┌────────

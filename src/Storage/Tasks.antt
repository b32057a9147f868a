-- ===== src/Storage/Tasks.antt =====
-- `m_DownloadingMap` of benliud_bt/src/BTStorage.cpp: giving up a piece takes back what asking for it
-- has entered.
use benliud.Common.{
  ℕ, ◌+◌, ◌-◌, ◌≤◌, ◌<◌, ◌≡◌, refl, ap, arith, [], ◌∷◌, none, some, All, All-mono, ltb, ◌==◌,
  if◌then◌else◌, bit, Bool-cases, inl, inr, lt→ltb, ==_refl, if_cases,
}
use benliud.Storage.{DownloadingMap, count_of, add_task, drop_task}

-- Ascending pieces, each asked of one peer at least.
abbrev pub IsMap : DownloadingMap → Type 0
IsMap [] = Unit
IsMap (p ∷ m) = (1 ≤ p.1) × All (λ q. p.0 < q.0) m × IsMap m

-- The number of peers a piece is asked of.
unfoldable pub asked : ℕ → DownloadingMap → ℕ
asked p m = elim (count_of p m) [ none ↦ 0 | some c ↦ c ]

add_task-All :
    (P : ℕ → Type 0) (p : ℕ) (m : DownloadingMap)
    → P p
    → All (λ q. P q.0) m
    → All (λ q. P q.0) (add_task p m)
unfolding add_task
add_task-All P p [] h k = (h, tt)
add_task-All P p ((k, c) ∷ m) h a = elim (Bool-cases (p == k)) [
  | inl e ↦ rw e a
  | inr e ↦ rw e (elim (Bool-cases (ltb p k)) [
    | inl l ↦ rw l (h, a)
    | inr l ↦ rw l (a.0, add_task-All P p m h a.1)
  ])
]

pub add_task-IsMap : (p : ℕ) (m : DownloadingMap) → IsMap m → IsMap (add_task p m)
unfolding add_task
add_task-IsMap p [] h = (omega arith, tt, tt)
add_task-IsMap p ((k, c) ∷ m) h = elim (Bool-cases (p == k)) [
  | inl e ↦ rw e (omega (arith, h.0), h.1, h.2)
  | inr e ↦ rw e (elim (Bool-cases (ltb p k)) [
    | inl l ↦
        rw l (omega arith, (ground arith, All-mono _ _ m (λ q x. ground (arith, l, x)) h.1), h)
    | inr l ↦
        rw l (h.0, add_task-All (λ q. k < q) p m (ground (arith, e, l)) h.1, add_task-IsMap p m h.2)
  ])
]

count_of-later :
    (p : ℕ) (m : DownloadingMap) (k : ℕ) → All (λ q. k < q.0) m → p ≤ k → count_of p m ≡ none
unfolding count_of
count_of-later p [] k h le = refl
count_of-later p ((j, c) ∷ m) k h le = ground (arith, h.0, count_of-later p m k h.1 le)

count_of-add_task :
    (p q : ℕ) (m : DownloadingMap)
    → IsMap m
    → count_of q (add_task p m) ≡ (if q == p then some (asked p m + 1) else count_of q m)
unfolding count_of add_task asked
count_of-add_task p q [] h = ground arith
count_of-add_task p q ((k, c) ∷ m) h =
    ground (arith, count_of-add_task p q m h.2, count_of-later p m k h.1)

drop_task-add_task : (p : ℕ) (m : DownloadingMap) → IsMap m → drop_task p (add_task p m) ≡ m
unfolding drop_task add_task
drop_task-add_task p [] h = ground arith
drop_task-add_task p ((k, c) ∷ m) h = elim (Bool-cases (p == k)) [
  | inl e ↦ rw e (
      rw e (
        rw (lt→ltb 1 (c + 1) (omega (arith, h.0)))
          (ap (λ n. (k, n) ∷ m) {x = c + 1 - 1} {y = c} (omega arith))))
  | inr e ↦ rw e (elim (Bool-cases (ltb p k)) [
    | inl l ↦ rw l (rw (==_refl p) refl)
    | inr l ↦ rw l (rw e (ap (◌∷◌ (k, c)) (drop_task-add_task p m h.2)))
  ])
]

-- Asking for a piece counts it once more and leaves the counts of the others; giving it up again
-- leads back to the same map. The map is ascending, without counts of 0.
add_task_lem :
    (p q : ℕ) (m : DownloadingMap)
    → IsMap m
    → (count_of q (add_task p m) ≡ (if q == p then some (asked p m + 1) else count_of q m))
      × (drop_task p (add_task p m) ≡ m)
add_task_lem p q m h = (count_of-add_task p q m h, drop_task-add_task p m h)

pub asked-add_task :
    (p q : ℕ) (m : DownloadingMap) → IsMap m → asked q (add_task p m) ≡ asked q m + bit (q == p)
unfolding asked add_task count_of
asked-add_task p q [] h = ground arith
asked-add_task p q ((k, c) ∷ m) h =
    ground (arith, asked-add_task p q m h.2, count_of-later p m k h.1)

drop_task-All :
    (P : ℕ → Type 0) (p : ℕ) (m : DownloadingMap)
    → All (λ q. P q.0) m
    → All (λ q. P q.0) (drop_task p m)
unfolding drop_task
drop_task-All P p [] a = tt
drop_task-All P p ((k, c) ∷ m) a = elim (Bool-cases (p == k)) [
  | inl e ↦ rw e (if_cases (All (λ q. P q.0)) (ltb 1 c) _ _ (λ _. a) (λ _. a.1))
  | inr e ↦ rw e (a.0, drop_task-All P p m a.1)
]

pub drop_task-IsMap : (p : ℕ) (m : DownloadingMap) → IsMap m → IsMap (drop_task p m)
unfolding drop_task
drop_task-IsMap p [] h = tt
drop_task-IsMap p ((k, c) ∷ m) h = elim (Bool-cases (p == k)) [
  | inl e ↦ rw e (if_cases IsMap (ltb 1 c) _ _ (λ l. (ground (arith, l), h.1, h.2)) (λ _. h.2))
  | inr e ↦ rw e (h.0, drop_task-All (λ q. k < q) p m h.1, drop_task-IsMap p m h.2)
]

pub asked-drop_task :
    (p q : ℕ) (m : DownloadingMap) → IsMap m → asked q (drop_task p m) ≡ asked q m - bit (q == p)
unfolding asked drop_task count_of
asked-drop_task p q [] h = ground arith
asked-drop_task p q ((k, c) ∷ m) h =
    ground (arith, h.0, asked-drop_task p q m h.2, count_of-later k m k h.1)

└────────
┌────────

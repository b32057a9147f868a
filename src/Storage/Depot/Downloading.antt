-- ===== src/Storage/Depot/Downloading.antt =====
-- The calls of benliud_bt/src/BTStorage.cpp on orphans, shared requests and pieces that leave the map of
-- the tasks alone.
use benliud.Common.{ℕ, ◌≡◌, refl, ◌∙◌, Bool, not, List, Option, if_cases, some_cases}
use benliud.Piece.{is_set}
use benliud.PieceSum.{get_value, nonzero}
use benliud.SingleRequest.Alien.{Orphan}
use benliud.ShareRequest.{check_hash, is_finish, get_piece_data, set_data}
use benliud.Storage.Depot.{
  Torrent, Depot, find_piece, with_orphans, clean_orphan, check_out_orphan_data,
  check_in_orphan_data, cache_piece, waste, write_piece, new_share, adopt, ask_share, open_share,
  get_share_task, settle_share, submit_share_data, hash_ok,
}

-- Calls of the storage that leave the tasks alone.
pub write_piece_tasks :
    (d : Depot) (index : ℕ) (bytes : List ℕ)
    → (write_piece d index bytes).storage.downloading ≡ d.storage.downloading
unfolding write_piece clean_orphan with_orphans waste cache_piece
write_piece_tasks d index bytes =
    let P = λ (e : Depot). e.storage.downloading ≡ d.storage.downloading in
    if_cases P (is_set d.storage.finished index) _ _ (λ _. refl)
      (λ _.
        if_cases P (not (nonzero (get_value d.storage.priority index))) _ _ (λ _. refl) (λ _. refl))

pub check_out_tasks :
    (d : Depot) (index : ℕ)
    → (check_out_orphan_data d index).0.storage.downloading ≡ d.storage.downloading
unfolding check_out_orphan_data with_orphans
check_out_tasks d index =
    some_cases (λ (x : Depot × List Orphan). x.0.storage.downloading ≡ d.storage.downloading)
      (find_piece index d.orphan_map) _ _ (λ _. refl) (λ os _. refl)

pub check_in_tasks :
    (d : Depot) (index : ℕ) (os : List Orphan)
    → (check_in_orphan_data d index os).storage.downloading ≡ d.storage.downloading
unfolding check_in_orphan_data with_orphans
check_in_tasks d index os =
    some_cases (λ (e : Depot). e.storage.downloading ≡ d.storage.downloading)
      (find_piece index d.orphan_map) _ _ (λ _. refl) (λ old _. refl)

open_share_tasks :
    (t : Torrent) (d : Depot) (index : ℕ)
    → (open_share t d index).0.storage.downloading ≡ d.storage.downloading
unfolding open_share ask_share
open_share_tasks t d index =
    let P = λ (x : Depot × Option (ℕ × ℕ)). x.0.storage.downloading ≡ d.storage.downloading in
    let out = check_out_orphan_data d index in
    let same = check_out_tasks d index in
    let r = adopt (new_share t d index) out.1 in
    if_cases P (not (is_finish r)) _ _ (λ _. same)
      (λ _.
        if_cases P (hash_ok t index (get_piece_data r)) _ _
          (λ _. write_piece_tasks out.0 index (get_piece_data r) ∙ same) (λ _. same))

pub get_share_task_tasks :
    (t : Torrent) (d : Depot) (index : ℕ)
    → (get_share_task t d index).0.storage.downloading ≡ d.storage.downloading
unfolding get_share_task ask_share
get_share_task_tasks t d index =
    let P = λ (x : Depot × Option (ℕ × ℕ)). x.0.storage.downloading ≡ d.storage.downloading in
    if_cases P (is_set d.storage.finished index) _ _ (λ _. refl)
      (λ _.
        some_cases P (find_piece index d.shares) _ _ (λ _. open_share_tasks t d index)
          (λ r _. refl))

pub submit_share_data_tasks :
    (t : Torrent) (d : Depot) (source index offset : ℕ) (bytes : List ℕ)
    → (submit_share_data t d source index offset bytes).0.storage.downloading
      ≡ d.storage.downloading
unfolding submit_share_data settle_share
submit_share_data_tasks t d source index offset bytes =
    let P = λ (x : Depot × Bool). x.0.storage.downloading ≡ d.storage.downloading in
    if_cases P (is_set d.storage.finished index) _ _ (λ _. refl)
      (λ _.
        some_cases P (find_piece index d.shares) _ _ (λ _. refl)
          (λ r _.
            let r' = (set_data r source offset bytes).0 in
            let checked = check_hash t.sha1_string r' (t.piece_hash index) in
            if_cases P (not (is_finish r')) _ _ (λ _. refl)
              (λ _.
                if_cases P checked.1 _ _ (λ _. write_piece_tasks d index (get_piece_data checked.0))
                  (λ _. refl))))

└────────
┌────────

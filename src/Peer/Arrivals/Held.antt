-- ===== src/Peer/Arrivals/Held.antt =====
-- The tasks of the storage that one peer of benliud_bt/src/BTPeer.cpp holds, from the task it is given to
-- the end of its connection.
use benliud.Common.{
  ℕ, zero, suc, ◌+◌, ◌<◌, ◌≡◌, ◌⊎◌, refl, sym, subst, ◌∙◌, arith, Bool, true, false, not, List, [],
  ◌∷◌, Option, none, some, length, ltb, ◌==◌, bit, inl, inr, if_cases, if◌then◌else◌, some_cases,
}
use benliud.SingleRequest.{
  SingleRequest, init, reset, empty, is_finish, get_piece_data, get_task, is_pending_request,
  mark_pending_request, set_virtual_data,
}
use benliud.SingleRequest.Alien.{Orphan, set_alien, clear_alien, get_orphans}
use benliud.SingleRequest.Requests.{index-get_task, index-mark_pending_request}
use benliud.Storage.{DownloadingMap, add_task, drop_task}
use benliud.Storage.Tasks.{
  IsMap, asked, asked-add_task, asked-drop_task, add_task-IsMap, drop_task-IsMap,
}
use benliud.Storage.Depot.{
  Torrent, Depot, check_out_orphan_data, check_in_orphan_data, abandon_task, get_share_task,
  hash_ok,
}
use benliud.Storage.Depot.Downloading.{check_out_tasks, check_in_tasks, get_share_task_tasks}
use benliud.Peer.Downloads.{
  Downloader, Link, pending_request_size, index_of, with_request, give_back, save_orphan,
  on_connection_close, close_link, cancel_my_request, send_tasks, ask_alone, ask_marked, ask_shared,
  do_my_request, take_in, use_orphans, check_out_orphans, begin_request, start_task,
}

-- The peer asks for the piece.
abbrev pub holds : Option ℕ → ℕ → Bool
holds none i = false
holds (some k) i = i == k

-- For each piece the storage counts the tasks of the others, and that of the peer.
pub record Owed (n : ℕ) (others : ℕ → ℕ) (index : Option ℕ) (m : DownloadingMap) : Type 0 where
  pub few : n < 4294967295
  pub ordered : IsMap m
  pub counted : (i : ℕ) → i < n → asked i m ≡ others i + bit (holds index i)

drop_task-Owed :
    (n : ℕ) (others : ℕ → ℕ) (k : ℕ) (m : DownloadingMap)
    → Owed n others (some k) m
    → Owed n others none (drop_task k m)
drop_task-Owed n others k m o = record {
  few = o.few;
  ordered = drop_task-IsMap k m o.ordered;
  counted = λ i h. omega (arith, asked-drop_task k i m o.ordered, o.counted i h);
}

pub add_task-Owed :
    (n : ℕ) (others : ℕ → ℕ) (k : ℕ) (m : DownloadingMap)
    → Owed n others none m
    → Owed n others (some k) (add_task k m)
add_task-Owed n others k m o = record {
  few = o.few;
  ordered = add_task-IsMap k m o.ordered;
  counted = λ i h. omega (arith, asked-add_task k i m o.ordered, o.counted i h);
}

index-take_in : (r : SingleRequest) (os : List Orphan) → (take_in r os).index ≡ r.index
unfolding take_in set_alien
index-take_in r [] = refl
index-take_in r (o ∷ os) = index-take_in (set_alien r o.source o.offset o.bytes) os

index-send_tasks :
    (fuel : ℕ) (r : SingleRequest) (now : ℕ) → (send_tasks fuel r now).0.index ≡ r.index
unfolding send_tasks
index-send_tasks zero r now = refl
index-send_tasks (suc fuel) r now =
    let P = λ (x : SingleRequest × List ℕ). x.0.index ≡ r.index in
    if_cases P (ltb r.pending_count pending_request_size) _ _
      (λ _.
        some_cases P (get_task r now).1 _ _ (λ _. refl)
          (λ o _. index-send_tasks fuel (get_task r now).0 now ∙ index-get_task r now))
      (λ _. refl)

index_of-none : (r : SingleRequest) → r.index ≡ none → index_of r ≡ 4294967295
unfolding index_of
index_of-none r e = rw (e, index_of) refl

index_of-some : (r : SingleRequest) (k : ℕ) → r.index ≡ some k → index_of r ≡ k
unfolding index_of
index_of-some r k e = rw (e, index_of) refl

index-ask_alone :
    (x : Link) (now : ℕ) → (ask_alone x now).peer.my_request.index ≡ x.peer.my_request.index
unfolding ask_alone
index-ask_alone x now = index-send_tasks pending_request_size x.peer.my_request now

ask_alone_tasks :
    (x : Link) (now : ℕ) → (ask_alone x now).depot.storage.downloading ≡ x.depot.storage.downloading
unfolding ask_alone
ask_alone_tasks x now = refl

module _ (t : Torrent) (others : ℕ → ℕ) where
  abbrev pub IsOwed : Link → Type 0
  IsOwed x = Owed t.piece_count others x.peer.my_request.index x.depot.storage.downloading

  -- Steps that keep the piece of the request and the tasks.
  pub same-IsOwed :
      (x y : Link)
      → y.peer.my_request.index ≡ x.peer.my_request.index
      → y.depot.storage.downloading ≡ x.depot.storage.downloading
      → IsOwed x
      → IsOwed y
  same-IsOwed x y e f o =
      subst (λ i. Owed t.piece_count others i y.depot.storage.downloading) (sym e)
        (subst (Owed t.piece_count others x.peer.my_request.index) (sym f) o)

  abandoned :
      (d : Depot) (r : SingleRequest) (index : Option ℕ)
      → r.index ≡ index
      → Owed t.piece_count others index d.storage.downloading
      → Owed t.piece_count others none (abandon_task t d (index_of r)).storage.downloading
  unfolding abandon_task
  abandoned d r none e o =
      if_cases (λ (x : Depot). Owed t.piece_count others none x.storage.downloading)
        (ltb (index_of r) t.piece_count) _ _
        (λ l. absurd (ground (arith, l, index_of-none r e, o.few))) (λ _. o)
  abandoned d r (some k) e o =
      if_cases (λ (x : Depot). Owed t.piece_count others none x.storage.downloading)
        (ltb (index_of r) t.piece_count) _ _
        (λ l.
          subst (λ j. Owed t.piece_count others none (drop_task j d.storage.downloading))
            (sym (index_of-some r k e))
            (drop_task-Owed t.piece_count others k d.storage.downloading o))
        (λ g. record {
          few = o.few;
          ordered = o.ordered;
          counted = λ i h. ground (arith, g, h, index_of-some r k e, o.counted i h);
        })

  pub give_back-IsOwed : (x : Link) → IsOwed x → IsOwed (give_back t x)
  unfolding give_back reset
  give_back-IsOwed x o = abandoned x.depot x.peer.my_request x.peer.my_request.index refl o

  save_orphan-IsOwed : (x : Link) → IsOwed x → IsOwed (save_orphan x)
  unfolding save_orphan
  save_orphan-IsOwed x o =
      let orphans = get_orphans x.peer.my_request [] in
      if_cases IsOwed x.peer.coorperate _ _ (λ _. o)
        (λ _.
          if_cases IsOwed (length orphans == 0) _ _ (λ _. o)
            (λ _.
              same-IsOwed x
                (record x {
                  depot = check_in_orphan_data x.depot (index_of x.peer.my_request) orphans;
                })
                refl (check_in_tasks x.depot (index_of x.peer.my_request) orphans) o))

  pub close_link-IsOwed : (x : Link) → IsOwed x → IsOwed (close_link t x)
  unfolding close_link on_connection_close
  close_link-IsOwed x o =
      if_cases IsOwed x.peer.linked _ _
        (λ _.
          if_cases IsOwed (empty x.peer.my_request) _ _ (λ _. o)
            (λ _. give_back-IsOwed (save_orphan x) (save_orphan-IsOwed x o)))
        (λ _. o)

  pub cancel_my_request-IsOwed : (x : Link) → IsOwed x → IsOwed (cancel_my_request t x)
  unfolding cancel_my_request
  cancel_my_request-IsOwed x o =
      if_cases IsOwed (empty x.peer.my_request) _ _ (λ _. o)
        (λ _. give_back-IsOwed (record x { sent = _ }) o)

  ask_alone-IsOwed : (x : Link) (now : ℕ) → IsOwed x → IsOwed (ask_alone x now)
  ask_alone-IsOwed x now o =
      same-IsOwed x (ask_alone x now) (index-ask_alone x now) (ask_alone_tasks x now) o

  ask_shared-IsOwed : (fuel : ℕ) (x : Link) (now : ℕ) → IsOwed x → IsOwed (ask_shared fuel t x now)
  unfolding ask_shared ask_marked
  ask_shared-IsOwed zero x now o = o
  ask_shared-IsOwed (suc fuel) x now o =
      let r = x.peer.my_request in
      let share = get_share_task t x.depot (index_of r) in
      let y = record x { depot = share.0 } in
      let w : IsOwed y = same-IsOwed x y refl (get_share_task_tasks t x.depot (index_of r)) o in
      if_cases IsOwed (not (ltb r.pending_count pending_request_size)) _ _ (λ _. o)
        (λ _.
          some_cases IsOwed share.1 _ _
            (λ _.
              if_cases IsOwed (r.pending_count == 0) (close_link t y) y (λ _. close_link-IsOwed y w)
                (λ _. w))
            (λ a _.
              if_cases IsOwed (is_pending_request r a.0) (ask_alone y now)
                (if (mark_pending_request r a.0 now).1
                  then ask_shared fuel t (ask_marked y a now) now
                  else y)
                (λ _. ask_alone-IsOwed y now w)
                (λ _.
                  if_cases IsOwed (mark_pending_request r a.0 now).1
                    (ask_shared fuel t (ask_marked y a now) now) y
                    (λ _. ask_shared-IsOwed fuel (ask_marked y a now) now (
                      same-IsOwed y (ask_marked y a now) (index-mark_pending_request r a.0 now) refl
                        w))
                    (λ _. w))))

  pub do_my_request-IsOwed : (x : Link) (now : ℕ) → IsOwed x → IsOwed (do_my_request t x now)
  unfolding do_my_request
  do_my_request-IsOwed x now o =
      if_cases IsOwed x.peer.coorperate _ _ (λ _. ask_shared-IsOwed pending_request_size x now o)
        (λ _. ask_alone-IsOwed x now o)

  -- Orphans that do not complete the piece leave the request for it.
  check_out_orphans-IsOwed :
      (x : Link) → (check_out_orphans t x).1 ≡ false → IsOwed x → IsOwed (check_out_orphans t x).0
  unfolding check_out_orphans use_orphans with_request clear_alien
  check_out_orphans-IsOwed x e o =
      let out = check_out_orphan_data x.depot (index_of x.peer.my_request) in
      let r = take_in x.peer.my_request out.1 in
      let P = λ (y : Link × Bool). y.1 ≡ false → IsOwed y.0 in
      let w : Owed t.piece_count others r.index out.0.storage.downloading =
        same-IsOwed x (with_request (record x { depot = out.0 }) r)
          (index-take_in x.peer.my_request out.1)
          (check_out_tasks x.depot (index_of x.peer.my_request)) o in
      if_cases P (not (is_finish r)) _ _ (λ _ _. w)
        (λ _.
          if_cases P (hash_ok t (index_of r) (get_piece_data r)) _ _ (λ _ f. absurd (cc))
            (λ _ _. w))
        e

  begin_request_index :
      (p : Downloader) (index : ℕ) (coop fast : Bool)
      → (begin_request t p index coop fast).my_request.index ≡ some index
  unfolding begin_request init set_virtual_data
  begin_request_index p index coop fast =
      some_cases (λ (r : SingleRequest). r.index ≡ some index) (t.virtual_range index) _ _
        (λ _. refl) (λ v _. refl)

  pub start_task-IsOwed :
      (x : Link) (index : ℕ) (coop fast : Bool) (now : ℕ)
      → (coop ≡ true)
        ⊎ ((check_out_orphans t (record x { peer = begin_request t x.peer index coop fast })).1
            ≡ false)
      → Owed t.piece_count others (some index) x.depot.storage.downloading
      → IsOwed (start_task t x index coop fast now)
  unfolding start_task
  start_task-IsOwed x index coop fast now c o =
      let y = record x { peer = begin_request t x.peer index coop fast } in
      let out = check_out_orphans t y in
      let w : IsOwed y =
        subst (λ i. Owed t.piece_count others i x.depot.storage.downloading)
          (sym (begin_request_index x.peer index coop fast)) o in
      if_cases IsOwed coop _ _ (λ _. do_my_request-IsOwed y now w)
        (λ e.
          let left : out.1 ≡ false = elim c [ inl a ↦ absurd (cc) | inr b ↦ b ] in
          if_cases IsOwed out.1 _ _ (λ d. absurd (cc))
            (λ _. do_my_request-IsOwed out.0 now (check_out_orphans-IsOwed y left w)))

└────────

▸ **AIM OF THE TASK**:
In the material above, find the line containing "let out = check_out_orphan_data d" and the line containing "if_cases P (hash_ok t index", then write out exactly those two lines and every line between them, and nothing more.

▸ **EXERCISE RESULT**:
    let out = check_out_orphan_data d index in
    let same = check_out_tasks d index in
    let r = adopt (new_share t d index) out.1 in
    if_cases P (not (is_finish r)) _ _ (λ _. same)
      (λ _.
        if_cases P (hash_ok t index (get_piece_data r)) _ _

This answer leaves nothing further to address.